Following a period of sulking, I've come back to try and get the machine working again and have seemingly successfully re-wired it properly, with the effect that the machine will now power on and the lights will remain on in my house. When I operate the pump switch, there will be a very faint sound, which I take to be the pump failing to operate, but that's about it.

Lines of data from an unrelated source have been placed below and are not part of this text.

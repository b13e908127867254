-- ===== src/Client/Route/Lookup.antt =====
-- A client that has just read the members sends a key where the ring sends it.
use percas.Base.{
  ℕ, List, [], ◌∷◌, Option, none, some, next, or_else, and_then, map, ◌≡◌, ◌⊎◌, inl, inr, refl, sym,
  ap, ◌∙◌, Member, here, there, Option-cases, none-ne-some, some-injective,
}
use percas.Ord.{nat_ord}
use percas.Text.{Url}
use percas.Bytes.{AsRef, Mur3}
use percas.BTreeMap.{BTreeMap, keys, values, range_from}
use percas.BTreeMap.Values.{
  map_values, map_option, range_from-map_values, Member_of_range_from, get_of_entry, Member-values,
  map-values_eq_keys,
}
use percas.Ring.{HashRing, first_node, hash_key, add_nodes}
use percas.Ring
use percas.Ring.Nodes.{vnodes-from}
use percas.Member.{MemberState}
use percas.Member.Map.{IsKeyed, lookup as member_of}
use percas.Gossip.{GossipState}
use percas.Server.{list_members, listed}
use percas.Client.{Member as ClientMember, insert_members}
use percas.Client.Route.{RouteTable, lookup, default}
use percas.Client.Route.Agree.{unit, nodes_of, decoded, members-nodes_of, Entries, members-Entries}

-- The first node of the first bucket, of the nodes alone.
first-nodes_of :
    (part : BTreeMap ℕ (BTreeMap ℕ Url))
    → map_option (λ e. e.0) (and_then (next part) (λ e. next e.1))
      ≡ and_then (next (map_values (map_values unit) part)) first_node
unfolding map_values
first-nodes_of [] = refl
first-nodes_of ((h, []) ∷ rest) = refl
first-nodes_of ((h, (id, url) ∷ b) ∷ rest) = refl

map-or_else :
    (x y : Option (ℕ × Url))
    → map_option (λ e. e.0) (or_else x y)
      ≡ or_else (map_option (λ e. e.0) x) (map_option (λ e. e.0) y)
map-or_else none y = refl
map-or_else (some e) y = refl

module _ ⦃mur : Mur3⦄ where
  lookup-nodes_of :
      (t : RouteTable) (r : HashRing ℕ) (key : List ℕ)
      → nodes_of t ≡ r.nodes
      → map_option (λ e. e.0) (lookup t key) ≡ Ring.lookup r key
  unfolding lookup Ring.lookup hash_key nodes_of
  lookup-nodes_of t r key e =
      map-or_else (and_then (next (range_from t.ring (hash_key key))) (λ b. next b.1))
        (and_then (next t.ring) (λ b. next b.1))
      ∙ rw
          (
            first-nodes_of (range_from t.ring (hash_key key)),
            first-nodes_of t.ring,
            range_from-map_values (map_values unit) t.ring (hash_key key),
            e,
          )
          refl

  first-entry :
      (part : BTreeMap ℕ (BTreeMap ℕ Url)) (id : ℕ) (url : Url)
      → and_then (next part) (λ e. next e.1) ≡ some (id, url)
      → (h : ℕ) × (b : BTreeMap ℕ Url) × Member (h, b) part × Member (id, url) b
  first-entry [] id url e = absurd (none-ne-some e)
  first-entry ((h, []) ∷ rest) id url e = absurd (none-ne-some e)
  first-entry ((h, x ∷ b) ∷ rest) id url e = (h, x ∷ b, here refl, here (sym (some-injective e)))

  lookup-entry :
      (P : ℕ → Url → Type 0) (t : RouteTable) (key : List ℕ) (id : ℕ) (url : Url)
      → Entries t P
      → lookup t key ≡ some (id, url)
      → P id url
  unfolding lookup Entries
  lookup-entry P t key id url all e = go (and_then (next ahead) (λ b. next b.1)) refl e
    where
      ahead : BTreeMap ℕ (BTreeMap ℕ Url)
      ahead = range_from t.ring (mur.murmurhash3_x86_32 key 0)

      go :
          (x : Option (ℕ × Url))
          → and_then (next ahead) (λ b. next b.1) ≡ x
          → or_else x (and_then (next t.ring) (λ b. next b.1)) ≡ some (id, url)
          → P id url
      go none f g = let (h, b, i, j) = first-entry t.ring id url g in all h b id url i j
      go (some x) f g =
          let (h, b, i, j) = first-entry ahead id url (f ∙ g) in
          all h b id url (Member_of_range_from t.ring (mur.murmurhash3_x86_32 key 0) (h, b) i) j

module _ ⦃a : AsRef ℕ⦄ ⦃mur : Mur3⦄ where
  -- The table that a client makes of the members that a node lists.
  unfoldable pub table : GossipState → RouteTable
  table g = insert_members default (map decoded (list_members g).members)

  decoded-known :
      (g : GossipState) (ms : List MemberState)
      → ((x : MemberState) → Member x ms → member_of g.membership x.info.node_id ≡ some x)
      → (m : ClientMember) → Member m (map decoded (map (listed g) ms))
      → (s : MemberState) × (member_of g.membership m.node_id ≡ some s)
        × (s.info.advertise_data_url ≡ m.advertise_data_url)
  unfolding decoded listed
  decoded-known g [] known m w = elim w [ ]
  decoded-known g (x ∷ ms) known m (here e) = (
    x,
    rw (ap (λ (c : ClientMember). c.node_id) e) (known x (here refl)),
    sym (ap (λ (c : ClientMember). c.advertise_data_url) e),
  )
  decoded-known g (x ∷ ms) known m (there w) = decoded-known g ms (λ y v. known y (there v)) m w

  known-values :
      (g : GossipState)
      → IsKeyed g.membership
      → (x : MemberState) → Member x (values g.membership.members)
      → member_of g.membership x.info.node_id ≡ some x
  known-values g k x w =
      let (id, i) = Member-values g.membership.members x w in
      let e = get_of_entry g.membership.members id x k.sorted i in
      ap (member_of g.membership) (k.keyed id x e) ∙ e

  table-nodes_of :
      (g : GossipState)
      → IsKeyed g.membership
      → g.ring ≡ Ring.from (keys g.membership.members)
      → nodes_of (table g) ≡ g.ring.nodes
  unfolding table list_members Ring.from default nodes_of map_values
  table-nodes_of g k e =
      members-nodes_of g Ring.default default (values g.membership.members)
        (sym (ap (λ (r : HashRing ℕ). r.vnodes) e ∙ vnodes-from (keys g.membership.members))) refl
      ∙ ap (λ ids. (Ring.from ids).nodes)
          (map-values_eq_keys (λ (m : MemberState). m.info.node_id) g.membership.members
            (λ id m i. k.keyed id m (get_of_entry g.membership.members id m k.sorted i)))
      ∙ sym (ap (λ (r : HashRing ℕ). r.nodes) e)

  -- Where a node's ring is made of its members, the table that a client makes of the members that the
  -- node lists sends a key to the node that the ring finds for it, at the data URL of that member, and
  -- finds none exactly where the ring does.
  pub lookup-table :
      (g : GossipState) (key : List ℕ)
      → IsKeyed g.membership
      → g.ring ≡ Ring.from (keys g.membership.members)
      → ((lookup (table g) key ≡ none) × (Ring.lookup g.ring key ≡ none))
        ⊎ ((id : ℕ) × (s : MemberState) × (member_of g.membership id ≡ some s)
            × (lookup (table g) key ≡ some (id, s.info.advertise_data_url))
            × (Ring.lookup g.ring key ≡ some id))
  unfolding table list_members Entries default
  lookup-table g key k e = elim (Option-cases (lookup (table g) key)) [
    | inl f ↦ inl (f, sym agree ∙ ap (map_option (λ x. x.0)) f)
    | inr ((id, url), f) ↦
        let (s, known, same) = lookup-entry Known (table g) key id url entries f in
        inr (
          id,
          s,
          known,
          f ∙ ap (λ u. some (id, u)) (sym same),
          sym agree ∙ ap (map_option (λ x. x.0)) f,
        )
  ]
    where
      Known : ℕ → Url → Type 0
      Known id url =
          (s : MemberState) × (member_of g.membership id ≡ some s)
          × (s.info.advertise_data_url ≡ url)

      agree : map_option (λ x. x.0) (lookup (table g) key) ≡ Ring.lookup g.ring key
      agree = lookup-nodes_of (table g) g.ring key (table-nodes_of g k e)

      entries : Entries (table g) Known
      entries =
          members-Entries Known default (map decoded (list_members g).members)
            (decoded-known g (values g.membership.members) (known-values g k))
            (λ h b id url i. elim i [ ])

Should I be ordering a new pump? What would be the best manner in which to start fault finding? As you can tell, I'm fairly clueless, but the fix seemed to be straightforward enough for a novice like me to attempt. I'm trying to avoid paying over £100 to repair the machine, as I only paid £100 for it in the first place.

Thanks in advance,

Ollie


----------



## jimbojohn55 (Jan 15, 2016)

yep new pump required, and fingers crossed nothing else blew


----------



## ashcroc (Oct 28, 2016)

Double check wiring to make sure everything it in the right place. It's quite possible to have it wired incorrectly without it tripping the circuit but have only the lights turning on.


----------



## GCGlasgow (Jul 27, 2014)

check the wiring against pics on here, there should be a few of internals. Where in country are you?


----------



## ollief (Dec 27, 2016)

GCGlasgow said:


> check the wiring against pics on here, there should be a few of internals. Where in country are you?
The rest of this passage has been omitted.